The mechanisms of Huangqi Guizhi Wuwu decoction in treating ischaemic stroke based on network pharmacology and experiment verification.

机构信息

College of Chinese Materia Medica, Guangzhou University of Chinese Medicine, Guangzhou, Guangdong, China.

Pharmacy Department, Dongguan Hospital of Traditional Chinese Medicine, Dongguan, Guangdong, China.

出版信息

Pharm Biol. 2023 Dec;61(1):1014-1029. doi: 10.1080/13880209.2023.2230477.

Abstract

CONTEXT

Huangqi Guizhi Wuwu Decoction (HGWD) is effective in treating ischaemic stroke (IS). However, its mechanism of action is still unclear.

OBJECTIVE

Network pharmacology integrated with experiments were used to clarify the underlying mechanisms of HGWD for treating IS.

MATERIALS AND METHODS

TCMSP, GeneCards, OMIM and STRING were used to retrieve and construct visual protein interaction networks for the key targets. The AutoDock tool was used for molecular docking between key targets and active compounds. The neuroprotective effect of HGWD were verified in a middle cerebral artery occlusion (MCAO) model rat. The Sprague-Dawley (SD) rats were divided into sham, model, low-dose (5 g/kg, i.g.), high-dose (20 g/kg, i.g.), and nimodipine (20 mg/kg, i.g.) groups once daily for 7 days. The neurological scores, brain infarct volumes, lipid peroxidation, inflammatory cytokines, Nissl bodies, apoptotic neurons, and signalling pathways were all investigated and evaluated .

RESULTS

Network pharmacology identified 117 HGWD targets related to IS and 36 candidate compounds.
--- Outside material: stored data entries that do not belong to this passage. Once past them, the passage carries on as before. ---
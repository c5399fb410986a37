-- ===== src/Gateway/UserMap/Laws.antt =====
-- What the operations of UserMap (internal/msggateway/user_map.go) keep and return.
use open_im_server.Base.{
  ◌+◌, ◌≡◌, refl, ◌≢◌, Bool, false, Bytes, bytes_discrete, List, [], ◌∷◌, ◌++◌, map, Option, none,
  some, lookup, lookup-insert, lookup-delete, IsDistinct, insert-IsDistinct, delete-IsDistinct,
  length, length-delete, length-insert_new, length-insert_old, arith, ite, if◌then◌else◌,
  Option-cases, inl, inr,
}
use open_im_server.Gateway.Client.{Client}
use open_im_server.Gateway.UserMap.{
  UserMap, get_all, set, store_rest, delete_addr, delete_clients, without_addr, without_addrs,
}

abbrev pub some_clients : Option (List Client) → List Client
some_clients none = []
some_clients (some l) = l

-- A user is in the map when it has at least one client.
abbrev pub present : List Client → Option (List Client)
present [] = none
present (c ∷ l) = some (c ∷ l)

abbrev pub present_of : (List Client → List Client) → Option (List Client) → Option (List Client)
present_of f none = none
present_of f (some l) = present (f l)

-- The keys are distinct, and no user stands with an empty list of clients.
pub record IsValid (u : UserMap) : Type 0 where
  pub distinct : IsDistinct bytes_discrete u
  pub non_empty : (key : Bytes) → get_all u key ≢ some []

append_one : (l : List Client) (v : Client) → l ++ v ∷ [] ≢ []
append_one [] v = λ e. cc
append_one (c ∷ l) v = λ e. cc

pub get_all-set :
    (u : UserMap) (key j : Bytes) (v : Client)
    → get_all (set u key v) j
      ≡ ite (bytes_discrete key j) (some (some_clients (get_all u key) ++ v ∷ [])) (get_all u j)
unfolding get_all set
get_all-set u key j v = elim (Option-cases (lookup bytes_discrete key u)) [
  | inl e ↦ rw (e, set) (lookup-insert bytes_discrete key j (v ∷ []) u)
  | inr (old, e) ↦ rw (e, set) (lookup-insert bytes_discrete key j (old ++ v ∷ []) u)
]

set-IsDistinct :
    (u : UserMap) (key : Bytes) (v : Client)
    → IsDistinct bytes_discrete u
    → IsDistinct bytes_discrete (set u key v)
unfolding set
set-IsDistinct u key v d = elim (Option-cases (lookup bytes_discrete key u)) [
  | inl e ↦ rw (e, set) (insert-IsDistinct bytes_discrete key (v ∷ []) u d)
  | inr (old, e) ↦ rw (e, set) (insert-IsDistinct bytes_discrete key (old ++ v ∷ []) u d)
]

pub set-IsValid : (u : UserMap) (key : Bytes) (v : Client) → IsValid u → IsValid (set u key v)
set-IsValid u key v h = record {
  distinct = set-IsDistinct u key v h.distinct;
  non_empty = λ j e.
      ground
        (arith, h.non_empty j, get_all-set u key j v, append_one (some_clients (get_all u key)) v);
}

-- A new user adds a key; a new connection of a user that is there does not.
pub length-set_new :
    (u : UserMap) (key : Bytes) (v : Client)
    → get_all u key ≡ none
    → length (set u key v) ≡ length u + 1
unfolding get_all set
length-set_new u key v e = rw (e, set) (length-insert_new bytes_discrete key (v ∷ []) u e)

pub length-set_old :
    (u : UserMap) (key : Bytes) (v : Client) {l : List Client}
    → get_all u key ≡ some l
    → length (set u key v) ≡ length u
unfolding get_all set
length-set_old u key v {l} e = rw (e, set) (length-insert_old bytes_discrete key _ l u e)

-- What both deletions do: the clients that `f` leaves replace those of the user, the user goes
-- when none is left, and the result says whether it went.
module _ (f : List Client → List Client) (u : UserMap) (key : Bytes) where
  unfoldable pub deletion : Option (List Client) → UserMap × Bool
  deletion none = (u, false)
  deletion (some old) = store_rest u key (f old)

  pub get_all-store_rest :
      (rest : List Client) (j : Bytes)
      → get_all (store_rest u key rest).0 j
        ≡ ite (bytes_discrete key j) (present rest) (get_all u j)
  unfolding get_all store_rest
  get_all-store_rest [] j = lookup-delete bytes_discrete key j u
  get_all-store_rest (c ∷ rest) j = lookup-insert bytes_discrete key j (c ∷ rest) u

  pub get_all-deletion :
      (o : Option (List Client)) (j : Bytes)
      → get_all u key ≡ o
      → get_all (deletion o).0 j ≡ ite (bytes_discrete key j) (present_of f o) (get_all u j)
  unfolding deletion
  get_all-deletion none j e = ground arith
  get_all-deletion (some old) j e = get_all-store_rest (f old) j

  store_rest-IsDistinct :
      (rest : List Client)
      → IsDistinct bytes_discrete u
      → IsDistinct bytes_discrete (store_rest u key rest).0
  unfolding store_rest
  store_rest-IsDistinct [] d = delete-IsDistinct bytes_discrete key u d
  store_rest-IsDistinct (c ∷ rest) d = insert-IsDistinct bytes_discrete key (c ∷ rest) u d

  deletion-IsValid :
      (o : Option (List Client)) → get_all u key ≡ o → IsValid u → IsValid (deletion o).0
  unfolding deletion
  deletion-IsValid none e h = h
  deletion-IsValid (some old) e h = record {
    distinct = store_rest-IsDistinct (f old) h.distinct;
    non_empty =
        λ j eq. not_present (f old) (ground (arith, h.non_empty j, get_all-store_rest (f old) j));
  }
    where
      not_present : (rest : List Client) → present rest ≡ some [] → ⊥
      not_present [] = λ e. cc
      not_present (c ∷ rest) = λ e. cc

  -- The result is true exactly when a user goes, and then the map has one key fewer.
  length-deletion :
      (o : Option (List Client))
      → get_all u key ≡ o
      → IsValid u
      → length (deletion o).0 + (if (deletion o).1 then 1 else 0) ≡ length u
  unfolding deletion store_rest get_all
  length-deletion none e h = omega arith
  length-deletion (some old) e h = go (f old)
    where
      go :
          (rest : List Client)
          → length (store_rest u key rest).0 + (if (store_rest u key rest).1 then 1 else 0)
            ≡ length u
      go [] = length-delete bytes_discrete key u old h.distinct e
      go (c ∷ rest) = omega (arith, length-insert_old bytes_discrete key (c ∷ rest) old u e)

pub delete_addr-deletion :
    (u : UserMap) (key addr : Bytes)
    → delete_addr u key addr ≡ deletion (without_addr addr) u key (get_all u key)
unfolding delete_addr deletion get_all
delete_addr-deletion u key addr = ground arith

pub delete_clients-deletion :
    (u : UserMap) (key : Bytes) (clients : List Client)
    → delete_clients u key clients
      ≡ deletion (without_addrs (map (λ c. c.remote_addr) clients)) u key (get_all u key)
unfolding delete_clients deletion get_all
delete_clients-deletion u key clients = ground arith

-- The map stays valid.
pub delete_addr-IsValid :
    (u : UserMap) (key addr : Bytes) → IsValid u → IsValid (delete_addr u key addr).0
delete_addr-IsValid u key addr h =
    rw (delete_addr-deletion u key addr)
      (deletion-IsValid (without_addr addr) u key (get_all u key) refl h)

pub delete_clients-IsValid :
    (u : UserMap) (key : Bytes) (clients : List Client)
    → IsValid u
    → IsValid (delete_clients u key clients).0
delete_clients-IsValid u key clients h =
    rw (delete_clients-deletion u key clients) (deletion-IsValid _ u key (get_all u key) refl h)

-- On a valid map `delete` removes the connections at the address from that user's list and touches
-- no other user; it drops the user exactly when it returns true, and the number of users falls by
-- one then and not otherwise.
pub delete_addr_lem :
    (u : UserMap) (key addr j : Bytes)
    → IsValid u
    → (get_all (delete_addr u key addr).0 j
        ≡ ite (bytes_discrete key j) (present_of (without_addr addr) (get_all u key)) (get_all u j))
      × (length (delete_addr u key addr).0 + (if (delete_addr u key addr).1 then 1 else 0)
          ≡ length u)
delete_addr_lem u key addr j h = rw (delete_addr-deletion u key addr) (
  get_all-deletion (without_addr addr) u key (get_all u key) j refl,
  length-deletion (without_addr addr) u key (get_all u key) refl h,
)

-- On a valid map `deleteClients` removes the connections at any of the clients' addresses from
-- that user's list and touches no other user; it drops the user exactly when it returns true, and
-- the number of users falls by one then and not otherwise.
pub delete_clients_lem :
    (u : UserMap) (key : Bytes) (clients : List Client) (j : Bytes)
    → IsValid u
    → (get_all (delete_clients u key clients).0 j
        ≡ ite
            (bytes_discrete key j)
            (present_of (without_addrs (map (λ c. c.remote_addr) clients)) (get_all u key))
            (get_all u j))
      × (length (delete_clients u key clients).0
            + (if (delete_clients u key clients).1 then 1 else 0)
          ≡ length u)
delete_clients_lem u key clients j h = rw (delete_clients-deletion u key clients) (
  get_all-deletion _ u key (get_all u key) j refl,
  length-deletion _ u key (get_all u key) refl h,
)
GO and KEGG analyses showed that HGWD anti-IS effects were mainly associated with PI3K-Akt and HIF-1 signalling pathways. HGWD effectively reduced the cerebral infarct volumes (19.19%), the number of apoptotic neurons (16.78%), and the release of inflammatory cytokines, etc. in MCAO rats. Furthermore, HGWD decreased the levels of HIF-1A, VEGFA, Bax, cleaved caspase-3, p-MAPK1, and p-c-Jun while increasing the expression of p-PI3K, p-AKT1, and Bcl-2.

DISCUSSION AND CONCLUSION

This study initially elucidated the mechanism of HGWD anti-IS, which contributed to the further promotion and secondary development of HGWD in clinical practice.

摘要

背景

黄芪桂枝五物汤(HGWD)在治疗缺血性中风(IS)方面具有疗效。然而,其作用机制尚不清楚。

目的

采用网络药理学结合实验方法,阐明 HGWD 治疗 IS 的作用机制。

材料和方法

使用 TCMSP、GeneCards、OMIM 和 STRING 检索和构建关键靶标可视化蛋白质相互作用网络。使用 AutoDock 工具进行关键靶标与活性化合物之间的分子对接。在大脑中动脉阻塞(MCAO)模型大鼠中验证了 HGWD 的神经保护作用。将 Sprague-Dawley(SD)大鼠分为假手术组、模型组、低剂量(5g/kg,灌胃)组、高剂量(20g/kg,灌胃)组和尼莫地平(20mg/kg,灌胃)组,每天 1 次,连续 7 天。评估和评价神经功能评分、脑梗死体积、脂质过氧化、炎性细胞因子、尼氏小体、凋亡神经元和信号通路。

结果

网络药理学鉴定出 117 个与 IS 相关的 HGWD 靶标和 36 个候选化合物。GO 和 KEGG 分析表明,HGWD 抗 IS 作用主要与 PI3K-Akt 和 HIF-1 信号通路有关。HGWD 可有效降低 MCAO 大鼠的脑梗死体积(19.19%)、凋亡神经元数量(16.78%)和炎性细胞因子释放等。此外,HGWD 降低了 HIF-1A、VEGFA、Bax、cleaved caspase-3、p-MAPK1 和 p-c-Jun 的水平,同时增加了 p-PI3K、p-AKT1 和 Bcl-2 的表达。

讨论与结论

本研究初步阐明了 HGWD 抗 IS 的作用机制,为进一步促进和二次开发 HGWD 在临床实践中的应用提供了依据。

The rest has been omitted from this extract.